[[ Material for this exercise open ]]

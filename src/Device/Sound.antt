-- ===== src/Device/Sound.antt =====
-- What holds of the device at all times, and that the parts which others use keep it.
use midi_fighter_twister_ope.Base.{
  ℕ, ◌<◌, ◌≡◌, ◌⊎◌, inl, refl, ◌∙◌, Bool, true, false, if◌then◌else◌,
}
use midi_fighter_twister_ope.Midi.{EventPacket}
use midi_fighter_twister_ope.Encoders.BankRange.{
  InRange, change_encoder_bank-Changes, refresh_display-Changes,
}
use midi_fighter_twister_ope.Device.{
  Device, OpMode, normal, shift1, shift2, change_bank, refresh, send, reset_idle_timer,
  bank_change_animation,
}

-- The mode is one that handles input.
pub data IsRunning : OpMode → Type 0 where
  in_normal : IsRunning normal
  in_shift1 : IsRunning shift1
  in_shift2 : IsRunning shift2

-- A bank of the animation is a bank of the device, or there is none.
abbrev pub IsAnimated : ℕ → Type 0
IsAnimated bank = (bank < 8) ⊎ (bank ≡ 0xff)

pub record IsSound (d : Device) : Type 0 where
  pub bank : d.encoders.encoder_bank < 8
  pub values : InRange d.encoders
  pub running : IsRunning d.mode
  pub animated : IsAnimated d.animation.bank_anim_bank

-- What a step of the side switches, or of the timers, leaves.
pub record Leaves (d e : Device) : Type 0 where
  pub same_native : e.native ≡ d.native
  pub same_settings : e.encoders.encoder_settings ≡ d.encoders.encoder_settings
  pub same_actions : e.side.sw_action ≡ d.side.sw_action
  pub same_input : e.side.input ≡ d.side.input
  pub same_previous : e.side.prev_side_switch_state ≡ d.side.prev_side_switch_state
  pub same_channel : e.midi_system_channel ≡ d.midi_system_channel
  pub sound : IsSound d → IsSound e

pub leaves : (d : Device) → Leaves d d
leaves d = record {
  same_native = refl;
  same_settings = refl;
  same_actions = refl;
  same_input = refl;
  same_previous = refl;
  same_channel = refl;
  sound = λ h. h;
}

pub after_both : {d e f : Device} → Leaves d e → Leaves e f → Leaves d f
after_both a b = record {
  same_native = b.same_native ∙ a.same_native;
  same_settings = b.same_settings ∙ a.same_settings;
  same_actions = b.same_actions ∙ a.same_actions;
  same_input = b.same_input ∙ a.same_input;
  same_previous = b.same_previous ∙ a.same_previous;
  same_channel = b.same_channel ∙ a.same_channel;
  sound = λ h. b.sound (a.sound h);
}

pub if-Leaves :
    {d : Device} (b : Bool) (x y : Device) → Leaves d x → Leaves d y → Leaves d (if b then x else y)
if-Leaves true x y h k = h
if-Leaves false x y h k = k

pub send-Leaves : (p : EventPacket) (d : Device) → Leaves d (send p d)
send-Leaves p d = record {
  same_native = refl;
  same_settings = refl;
  same_actions = refl;
  same_input = refl;
  same_previous = refl;
  same_channel = refl;
  sound =
      λ h. record { bank = h.bank; values = h.values; running = h.running; animated = h.animated };
}

pub change_bank-Leaves : (bank : ℕ) (d : Device) → bank < 8 → Leaves d (change_bank bank d)
change_bank-Leaves bank d b =
    let c = change_encoder_bank-Changes bank d.encoders in
    record {
      same_native = refl;
      same_settings = c.same_settings;
      same_actions = refl;
      same_input = refl;
      same_previous = refl;
      same_channel = refl;
      sound = λ h. record {
        bank = rw c.new_bank b;
        values = c.in_range h.values;
        running = h.running;
        animated = h.animated;
      };
    }

pub refresh-Leaves : (d : Device) → Leaves d (refresh d)
refresh-Leaves d =
    let c = refresh_display-Changes d.encoders in
    record {
      same_native = refl;
      same_settings = c.same_settings;
      same_actions = refl;
      same_input = refl;
      same_previous = refl;
      same_channel = refl;
      sound = λ h. record {
        bank = rw c.new_bank h.bank;
        values = c.in_range h.values;
        running = h.running;
        animated = h.animated;
      };
    }

pub set_mode-Leaves :
    (mode : OpMode) (d : Device) → IsRunning mode → Leaves d (record d { mode = mode })
set_mode-Leaves mode d m = record {
  same_native = refl;
  same_settings = refl;
  same_actions = refl;
  same_input = refl;
  same_previous = refl;
  same_channel = refl;
  sound = λ h. record { bank = h.bank; values = h.values; running = m; animated = h.animated };
}

pub reset_idle_timer-Leaves : (d : Device) → Leaves d (reset_idle_timer d)
unfolding reset_idle_timer
reset_idle_timer-Leaves d =
    let awake = record d { idle_timer = 0; sleep_mode_active = false } in
    let r = refresh-Leaves awake in
    record {
      same_native = refl;
      same_settings = r.same_settings;
      same_actions = refl;
      same_input = refl;
      same_previous = refl;
      same_channel = refl;
      sound = λ h.
          r.sound
            record { bank = h.bank; values = h.values; running = h.running; animated = h.animated };
    }

pub bank_change_animation-Leaves :
    (bank : ℕ) (d : Device) → bank < 8 → Leaves d (bank_change_animation bank d)
unfolding bank_change_animation
bank_change_animation-Leaves bank d b = if-Leaves d.side.bank_select_active d _ (leaves d) record {
  same_native = refl;
  same_settings = refl;
  same_actions = refl;
  same_input = refl;
  same_previous = refl;
  same_channel = refl;
  sound = λ h. record { bank = h.bank; values = h.values; running = h.running; animated = inl b };
}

[[ Material for this exercise closed ]]

Exercise:
Above are the records. Print exactly, and only, the lines from the line with "then x else y)" to the line with "bank = rw c.new_bank b;", both inclusive.

Answer to the exercise:
    {d : Device} (b : Bool) (x y : Device) → Leaves d x → Leaves d y → Leaves d (if b then x else y)
if-Leaves true x y h k = h
if-Leaves false x y h k = k

pub send-Leaves : (p : EventPacket) (d : Device) → Leaves d (send p d)
send-Leaves p d = record {
  same_native = refl;
  same_settings = refl;
  same_actions = refl;
  same_input = refl;
  same_previous = refl;
  same_channel = refl;
  sound =
      λ h. record { bank = h.bank; values = h.values; running = h.running; animated = h.animated };
}

pub change_bank-Leaves : (bank : ℕ) (d : Device) → bank < 8 → Leaves d (change_bank bank d)
change_bank-Leaves bank d b =
    let c = change_encoder_bank-Changes bank d.encoders in
    record {
      same_native = refl;
      same_settings = c.same_settings;
      same_actions = refl;
      same_input = refl;
      same_previous = refl;
      same_channel = refl;
      sound = λ h. record {
        bank = rw c.new_bank b;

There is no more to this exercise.